Desesperado, empecé a correr sintiendo el aire en la cara y el cuerpo ligero. Tengo los ojos cerrados, casi siento volar.
Un instante y abrí los ojos. ¿Por fin habré despertado? Me siento más tranquilo. Creo que ya desperté, ya no tengo esa sensación rara en el pecho de hace un momento. Al abrir los ojos descubrí que estoy recostado en el piso de la cancha de la plaza, a un lado del huanacaxtle llamado “El Árbol de las Promesas”. Es una tarde con golondrinas surcando el cielo azul con algunas nubes blanquísimas y alrededor de mí algunas libélulas volando y haciéndome la ronda.
Escucho campanadas. Vivas y hurras, unos granos de arroz cayendo en mi cara. ¿Una boda? La tarde se va obscureciendo conforme me voy levantando. Me incorporé y me acerqué a la conglomeración de siluetas humanas alrededor de aquella pareja bailando su primer vals. Intento acercarme pero estos cuerpos obscuros bloquean mi paso y, sin siquiera voltear a verme, no me permiten cruzar, como si ignoraran mi presencia. Por fin pude abrirme paso y entre el forcejeo, con sobresalto me fui de bruces hasta la pareja. Cerré los ojos esperando impactarme contra ellos y arrollarlos, pero seguí de paso, como si hubiera pasado a través de dos fantasmas. Con el cuerpo descompuesto en el piso de tierra recién regada, me quedo contemplando aquella escena que conozco perfectamente.

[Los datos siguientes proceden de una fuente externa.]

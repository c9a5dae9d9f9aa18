-- ===== src/Admin/Settled.antt =====
-- What comes of a body: an error, or a request for which all checks were made.
use asio_owen.Prelude.{
  ℕ, suc, zero, Bool, true, false, if◌then◌else◌, Option, some, none, Bytes, is_empty, length, ◌≡◌,
  refl, arith,
}
use asio_owen.Admin.Json.{
  Parsed, parsed, refused, unfinished, and_then, or_fail, skip_ws, consume, expect, parse_string,
}
use asio_owen.Admin.Values.{skip_value, object_loop}
use asio_owen.Admin.Json.Ends.{Ends, and_then-Ends, or_fail-Ends, expect-Ends}
use asio_owen.Admin.Values.Ends.{if_Ends, skip_value-Ends, object_loop-Ends}
use asio_owen.Admin.Requests.{checked, other_member, parse_body}

abbrev pub Holds : {A : Type 0} → (A → Type 0) → Parsed A → Type 0
Holds P (parsed a rest) = P a
Holds P (refused error) = Unit
Holds P unfinished = Unit

-- The reader has come to an end, and what it accepts is valid.
abbrev pub Settled : {A : Type 0} → (A → Type 0) → Parsed A → Type 0
Settled P (parsed a rest) = P a
Settled P (refused error) = Unit
Settled P unfinished = ⊥

Settled-both :
    {A : Type 0} (P : A → Type 0) (n : ℕ) (p : Parsed A) → Ends n p → Holds P p → Settled P p
Settled-both P n (parsed a rest) e h = h
Settled-both P n (refused error) e h = tt
Settled-both P n unfinished e h = e

pub and_then-Holds :
    {A B : Type 0} (P : A → Type 0) (Q : B → Type 0) (p : Parsed A) (next : A → Bytes → Parsed B)
    → Holds P p
    → ((a : A) (rest : Bytes) → P a → Holds Q (next a rest))
    → Holds Q (and_then p next)
and_then-Holds P Q (parsed a rest) next h k = k a rest h
and_then-Holds P Q (refused error) next h k = tt
and_then-Holds P Q unfinished next h k = tt

any-Holds : {A : Type 0} (p : Parsed A) → Holds (λ _. Unit) p
any-Holds (parsed a rest) = tt
any-Holds (refused error) = tt
any-Holds unfinished = tt

pub if_Holds :
    {A : Type 0} (P : A → Type 0) (b : Bool) (p q : Parsed A)
    → (b ≡ true → Holds P p)
    → (b ≡ false → Holds P q)
    → Holds P (if b then p else q)
if_Holds P true p q h k = h refl
if_Holds P false p q h k = k refl

pub checked-Ends :
    {A R : Type 0} (n : ℕ) (error : Bytes) (value : Parsed A) (bad : A → Bool) (store : A → R)
    → Ends n value
    → Ends n (checked error value bad store)
unfolding checked
checked-Ends n error value bad store h =
    and_then-Ends n n (or_fail error value) _ (or_fail-Ends n error value h)
      (λ a rest l. if_Ends n (bad a) (refused error) (parsed (store a) rest) tt l)

pub checked-Holds :
    {A R : Type 0} (P : R → Type 0) (error : Bytes) (value : Parsed A) (bad : A → Bool)
    (store : A → R)
    → ((a : A) → bad a ≡ false → P (store a))
    → Holds P (checked error value bad store)
unfolding checked
checked-Holds P error value bad store h =
    and_then-Holds (λ _. Unit) P (or_fail error value) _ (any-Holds (or_fail error value))
      (λ a rest _. if_Holds P (bad a) (refused error) (parsed (store a) rest) (λ _. tt) (h a))

pub other_member-Ends : {R : Type 0} (r : R) (s : Bytes) → Ends (length s) (other_member r s)
unfolding other_member
other_member-Ends r s =
    and_then-Ends (length s) (length s) (or_fail _ (skip_value s)) _
      (or_fail-Ends (length s) _ (skip_value s) (skip_value-Ends s)) (λ _ rest l. l)

pub other_member-Holds :
    {R : Type 0} (P : R → Type 0) (r : R) (s : Bytes) → P r → Holds P (other_member r s)
unfolding other_member
other_member-Holds P r s h =
    and_then-Holds (λ _. Unit) P (or_fail _ (skip_value s)) _ (any-Holds (or_fail _ (skip_value s)))
      (λ _ rest _. h)

consume-Holds :
    {A : Type 0} (P : A → Type 0) (c : ℕ) (s : Bytes) (p : Parsed A) (next : Bytes → Parsed A)
    → Holds P p
    → ((rest : Bytes) → Holds P (next rest))
    → Holds P (elim (consume c s) [ none ↦ p | some rest ↦ next rest ])
consume-Holds P c s p next h k = way (consume c s)
  where
    way : (o : Option Bytes) → Holds P (elim o [ none ↦ p | some rest ↦ next rest ])
    way none = h
    way (some rest) = k rest

-- The loop keeps what each member keeps.
pub object_loop-Holds :
    {R : Type 0} (P : R → Type 0) (fuel : ℕ) (field : Bytes → R → Bytes → Parsed R)
    → ((key : Bytes) (r : R) (s : Bytes) → P r → Holds P (field key r s))
    → (r : R) (s : Bytes) → P r
    → Holds P (object_loop fuel field r s)
unfolding object_loop
object_loop-Holds P zero field f r s h = tt
object_loop-Holds P (suc fuel) field f r s h =
    consume-Holds P b'}' s _ (λ rest. parsed r rest)
      (and_then-Holds (λ _. Unit) P (or_fail _ (parse_string s)) _
        (any-Holds (or_fail _ (parse_string s)))
        (λ key t _.
          and_then-Holds (λ _. Unit) P (expect b':' _ t) _ (any-Holds (expect b':' _ t))
            (λ _ u _. and_then-Holds P P (field key r u) _ (f key r u h) (λ r v kept.
              consume-Holds P b',' v _ (λ rest. object_loop fuel field r rest)
                (and_then-Holds (λ _. Unit) P (expect b'}' _ v) _ (any-Holds (expect b'}' _ v))
                  (λ _ rest _. kept))
                (λ rest. object_loop-Holds P fuel field f r rest kept)))))
      (λ rest. h)

module _ {R A : Type 0} (P : R → Type 0) (V : A → Type 0) (field : Bytes → R → Bytes → Parsed R)
    (finish : R → Parsed A)
    (ends : (key : Bytes) (r : R) (s : Bytes) → Ends (length s) (field key r s))
    (keeps : (key : Bytes) (r : R) (s : Bytes) → P r → Holds P (field key r s))
    (finish-Ends : (r : R) → Ends 1 (finish r))
    (finish-Holds : (r : R) → P r → Holds V (finish r)) where
  pub parse_body-Settled : (r : R) (body : Bytes) → P r → Settled V (parse_body field r finish body)
  unfolding parse_body
  parse_body-Settled r body h =
      Settled-both V 1 (parse_body field r finish body)
        (and_then-Ends (length body) 1 (expect b'{' _ body) _ (expect-Ends b'{' _ body) (λ _ s _.
          and_then-Ends (length s) 1 (object_loop (suc (length s)) field r s) _
            (object_loop-Ends (suc (length s)) field ends r s (omega arith))
            (λ r s _. if_Ends 1 (is_empty (skip_ws s)) (finish r) (refused _) (finish-Ends r) tt)))
        (and_then-Holds (λ _. Unit) V (expect b'{' _ body) _ (any-Holds (expect b'{' _ body))
          (λ _ s _.
            and_then-Holds P V (object_loop (suc (length s)) field r s) _
              (object_loop-Holds P (suc (length s)) field keeps r s h)
              (λ r s kept.
                if_Holds V (is_empty (skip_ws s)) (finish r) (refused _) (λ _. finish-Holds r kept)
                  (λ _. tt))))
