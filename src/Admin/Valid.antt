-- ===== src/Admin/Valid.antt =====
-- What is known of a request of the administration that is accepted.
use asio_owen.Prelude.{
  ◌≤◌, Bool, true, false, if◌then◌else◌, Bytes, bytes_eq, is_empty, length, ◌≡◌, inl, inr, arith,
  Bool-cases,
}
use asio_owen.Admin.Json.{Parsed, parse_string}
use asio_owen.Admin.Json.Ends.{Ends, parse_string-Ends}
use asio_owen.Admin.Values.Ends.{if_Ends}
use asio_owen.Admin.Settled.{
  Holds, Settled, if_Holds, checked-Ends, checked-Holds, other_member-Ends, other_member-Holds,
  parse_body-Settled,
}
use asio_owen.Admin.Requests.{
  LoginRequest, checked, max_login_field_bytes, LoginFields, bad_login_field, login_field,
  finish_login, no_login, parse_login_request,
}

-- A member of which the values are read by `read`, or of no interest.
pub member-Ends :
    {A R : Type 0} (s : Bytes) (b : Bool) (error : Bytes) (value : Parsed A) (bad : A → Bool)
    (store : A → R) (other : Parsed R)
    → Ends (length s) value
    → Ends (length s) other
    → Ends (length s) (if b then checked error value bad store else other)
member-Ends s b error value bad store other h k =
    if_Ends (length s) b (checked error value bad store) other
      (checked-Ends (length s) error value bad store h) k

pub member-Holds :
    {A R : Type 0} (P : R → Type 0) (b : Bool) (error : Bytes) (value : Parsed A) (bad : A → Bool)
    (store : A → R) (other : Parsed R)
    → ((a : A) → bad a ≡ false → P (store a))
    → Holds P other
    → Holds P (if b then checked error value bad store else other)
member-Holds P b error value bad store other h k =
    if_Holds P b (checked error value bad store) other
      (λ _. checked-Holds P error value bad store h) (λ _. k)

-- A name or a password.
abbrev IsLoginField : Bytes → Type 0
IsLoginField value = (is_empty value ≡ false) × (length value ≤ max_login_field_bytes)

abbrev pub IsLogin : LoginRequest → Type 0
IsLogin r = IsLoginField r.username × IsLoginField r.password

abbrev KeepsLogin : LoginFields → Type 0
KeepsLogin r =
    (r.saw_username ≡ true → IsLoginField r.request.username)
    × (r.saw_password ≡ true → IsLoginField r.request.password)

good_field : (value : Bytes) → bad_login_field value ≡ false → IsLoginField value
good_field value h = elim (Bool-cases (is_empty value)) [
  | inl e ↦ ground arith
  | inr e ↦ (e, ground arith)
]

login_field-Ends :
    (key : Bytes) (r : LoginFields) (s : Bytes) → Ends (length s) (login_field key r s)
unfolding login_field
login_field-Ends key r s =
    member-Ends s (bytes_eq key _) _ (parse_string s) _ _ _ (parse_string-Ends s) (
      member-Ends s (bytes_eq key _) _ (parse_string s) _ _ _ (parse_string-Ends s)
        (other_member-Ends r s))

login_field-Holds :
    (key : Bytes) (r : LoginFields) (s : Bytes)
    → KeepsLogin r
    → Holds KeepsLogin (login_field key r s)
unfolding login_field
login_field-Holds key r s h =
    member-Holds KeepsLogin (bytes_eq key _) _ (parse_string s) _ _ _
      (λ v ok. ((λ _. good_field v ok), h.1))
      (member-Holds KeepsLogin (bytes_eq key _) _ (parse_string s) _ _ _
        (λ v ok. (h.0, (λ _. good_field v ok))) (other_member-Holds KeepsLogin r s h))

-- A body is never read without end, and a login that is accepted has a name and a password, of
-- one byte at least and of 256 at most.
pub parse_login_request-Settled : (body : Bytes) → Settled IsLogin (parse_login_request body)
unfolding parse_login_request finish_login
parse_login_request-Settled body =
    parse_body-Settled KeepsLogin IsLogin login_field finish_login login_field-Ends
      login_field-Holds (λ r. finish_ends r.saw_username r.saw_password r.request) finish_holds
      no_login body ((λ e. absurd cc), (λ e. absurd cc))
  where
    finish_ends :
        (a b : Bool) (q : LoginRequest)
        → Ends 1 (finish_login (record { request = q; saw_username = a; saw_password = b }))
    finish_ends true true q = omega arith
    finish_ends true false q = tt
    finish_ends false b q = tt

    finish_holds : (r : LoginFields) → KeepsLogin r → Holds IsLogin (finish_login r)
    finish_holds r h = elim (Bool-cases r.saw_username) [
      | inl a ↦ elim (Bool-cases r.saw_password) [
        | inl b ↦ rw (Holds, a, b) (h.0 a, h.1 b)
        | inr b ↦ rw (Holds, a, b) tt
      ]
      | inr a ↦ rw (Holds, a) tt
    ]
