-- ===== src/Admin/Changes.antt =====
-- What is known of an accepted request to save.
use asio_owen.Prelude.{
  ℕ, suc, zero, ◌<◌, Bool, true, false, not, ◌||◌, [], if◌then◌else◌, Bytes, bytes_eq, length, ℤ,
  pos, negsuc, ◌≤ℤ◌, ◌≡◌, refl, arith,
}
use asio_owen.Admin.Json.{Parsed, parsed, refused, parse_string, parse_int64, expect}
use asio_owen.Admin.Values.{object_loop}
use asio_owen.Admin.Json.Ends.{
  Ends, and_then-Ends, Ends-mono, expect-Ends, consume-Ends, parse_string-Ends,
}
use asio_owen.Admin.Values.Ends.{if_Ends, object_loop-Ends, parse_int64-Ends}
use asio_owen.Admin.Settled.{
  Holds, Settled, if_Holds, other_member-Ends, other_member-Holds, parse_body-Settled,
}
use asio_owen.Admin.Valid.{member-Ends, member-Holds}
use asio_owen.Admin.Requests.{
  SaveRequest, FileFields, any_text, file_field, no_file, parse_file_object, files_loop,
  parse_files_array, SaveFields, is_negative, is_not_positive, save_field, finish_save, no_save,
  parse_save_request,
}

file_field-Ends : (key : Bytes) (r : FileFields) (s : Bytes) → Ends (length s) (file_field key r s)
unfolding file_field
file_field-Ends key r s =
    member-Ends s (bytes_eq key _) _ (parse_string s) any_text _ _ (parse_string-Ends s) (
      member-Ends s (bytes_eq key _) _ (parse_string s) any_text _ _ (parse_string-Ends s)
        (other_member-Ends r s))

parse_file_object-Ends : (s : Bytes) → Ends (length s) (parse_file_object s)
unfolding parse_file_object
parse_file_object-Ends s =
    and_then-Ends (length s) _ (expect b'{' [] s) _ (expect-Ends b'{' [] s) (λ _ t i.
      and_then-Ends (length t) _ (object_loop (suc (length t)) file_field no_file t) _
        (object_loop-Ends (suc (length t)) file_field file_field-Ends no_file t (omega arith))
        (λ r rest j.
          if_Ends (length s) (not r.saw_name || not r.saw_content) (refused []) (parsed r.file rest)
            tt (omega arith)))

files_loop-Ends : (fuel : ℕ) (s : Bytes) → length s < fuel → Ends (length s) (files_loop fuel s)
unfolding files_loop
files_loop-Ends zero s h = omega arith
files_loop-Ends (suc fuel) s h =
    consume-Ends b']' (length s) s _ (λ rest. parsed [] rest)
      (and_then-Ends (length s) _ (parse_file_object s) _ (parse_file_object-Ends s) (λ file t i.
        consume-Ends b',' (length s) t _ _
          (and_then-Ends (length t) _ (expect b']' [] t) _ (expect-Ends b']' [] t)
            (λ _ rest j. omega arith))
          (λ rest j.
            and_then-Ends (length rest) _ (files_loop fuel rest) _
              (files_loop-Ends fuel rest (omega arith)) (λ files u k. omega arith))))
      (λ rest l. l)

parse_files_array-Ends : (s : Bytes) → Ends (length s) (parse_files_array s)
unfolding parse_files_array
parse_files_array-Ends s =
    and_then-Ends (length s) _ (expect b'[' [] s) _ (expect-Ends b'[' [] s) (λ _ t i.
      Ends-mono (length t) _ _ (omega arith) (files_loop-Ends (suc (length t)) t (omega arith)))

pub natural : (v : ℤ) → is_negative v ≡ false → pos 0 ≤ℤ v
natural (pos n) h = omega arith
natural (negsuc n) h = ground arith

pub positive : (v : ℤ) → is_not_positive v ≡ false → pos 1 ≤ℤ v
positive (pos n) h = ground arith
positive (negsuc n) h = ground arith

save_field-Ends : (key : Bytes) (r : SaveFields) (s : Bytes) → Ends (length s) (save_field key r s)
unfolding save_field
save_field-Ends key r s =
    member-Ends s (bytes_eq key _) _ (parse_int64 s) _ _ _ (parse_int64-Ends s) (
      member-Ends s (bytes_eq key _) _ (parse_string s) any_text _ _ (parse_string-Ends s) (
        member-Ends s (bytes_eq key _) _ (parse_files_array s) (λ _. false) _ _
          (parse_files_array-Ends s) (other_member-Ends r s)))

abbrev pub IsSave : SaveRequest → Type 0
IsSave q = pos 0 ≤ℤ q.base_version

save_field-Holds :
    (key : Bytes) (r : SaveFields) (s : Bytes)
    → IsSave r.request
    → Holds (λ r. IsSave r.request) (save_field key r s)
unfolding save_field
save_field-Holds key r s h =
    let Kept : SaveFields → Type 0 = λ r. IsSave r.request in
    member-Holds Kept (bytes_eq key _) _ (parse_int64 s) _ _ _ (λ v ok. natural v ok)
      (member-Holds Kept (bytes_eq key _) _ (parse_string s) any_text _ _ (λ v ok. h)
        (member-Holds Kept (bytes_eq key _) _ (parse_files_array s) (λ _. false) _ _ (λ v ok. h)
          (other_member-Holds Kept r s h)))

-- The checks at the end, each of which may refuse.
pub unless_Ends :
    {A : Type 0} (n : ℕ) (b : Bool) (error : Bytes) (p : Parsed A)
    → Ends n p
    → Ends n (if b then refused error else p)
unless_Ends n b error p h = if_Ends n b (refused error) p tt h

pub unless_Holds :
    {A : Type 0} (P : A → Type 0) (b : Bool) (error : Bytes) (p : Parsed A)
    → (b ≡ false → Holds P p)
    → Holds P (if b then refused error else p)
unless_Holds P b error p h = if_Holds P b (refused error) p (λ _. tt) h

pub seen : (b : Bool) → not b ≡ false → b ≡ true
seen true h = refl
seen false h = absurd cc

pub parse_save_request-Settled : (body : Bytes) → Settled IsSave (parse_save_request body)
unfolding parse_save_request finish_save
parse_save_request-Settled body =
    parse_body-Settled (λ r. IsSave r.request) IsSave save_field finish_save save_field-Ends
      save_field-Holds
      (λ r.
        unless_Ends 1 (not r.saw_base_version) _ _
          (unless_Ends 1 (not r.saw_files) _ (parsed r.request []) (omega arith)))
      (λ r h.
        unless_Holds IsSave (not r.saw_base_version) _ _
          (λ _. unless_Holds IsSave (not r.saw_files) _ (parsed r.request []) (λ _. h)))
      no_save body (omega arith)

—Caminemos —me dijo la voz a la que ya me había acostumbrado. Otra vez no había nadie a quien contestarle. Cualquier sentimiento de alegría o tristeza empiezan a ser reemplazados por el miedo, la confusión y la desesperación.
Me abrí paso forcejeando entre los cuerpos obscuros, mientras el llanto de un bebé me aturdía en mi intento por pasar. Salí a la claridad y llegué a un campo de tabaco. Me vi a mí mismo adulto, en una enramada ensartando hojas de estas plantas. La parcela es enorme, la enramada en la que me encuentro, formada de palos de mangle y palmeras, me parece una pequeñísima isla flotando entre la infinidad de un océano de plantas con grandes hojas color verde-amarillo. Hasta donde me alcanza la vista, hasta el horizonte, percibo plantas de tabaco.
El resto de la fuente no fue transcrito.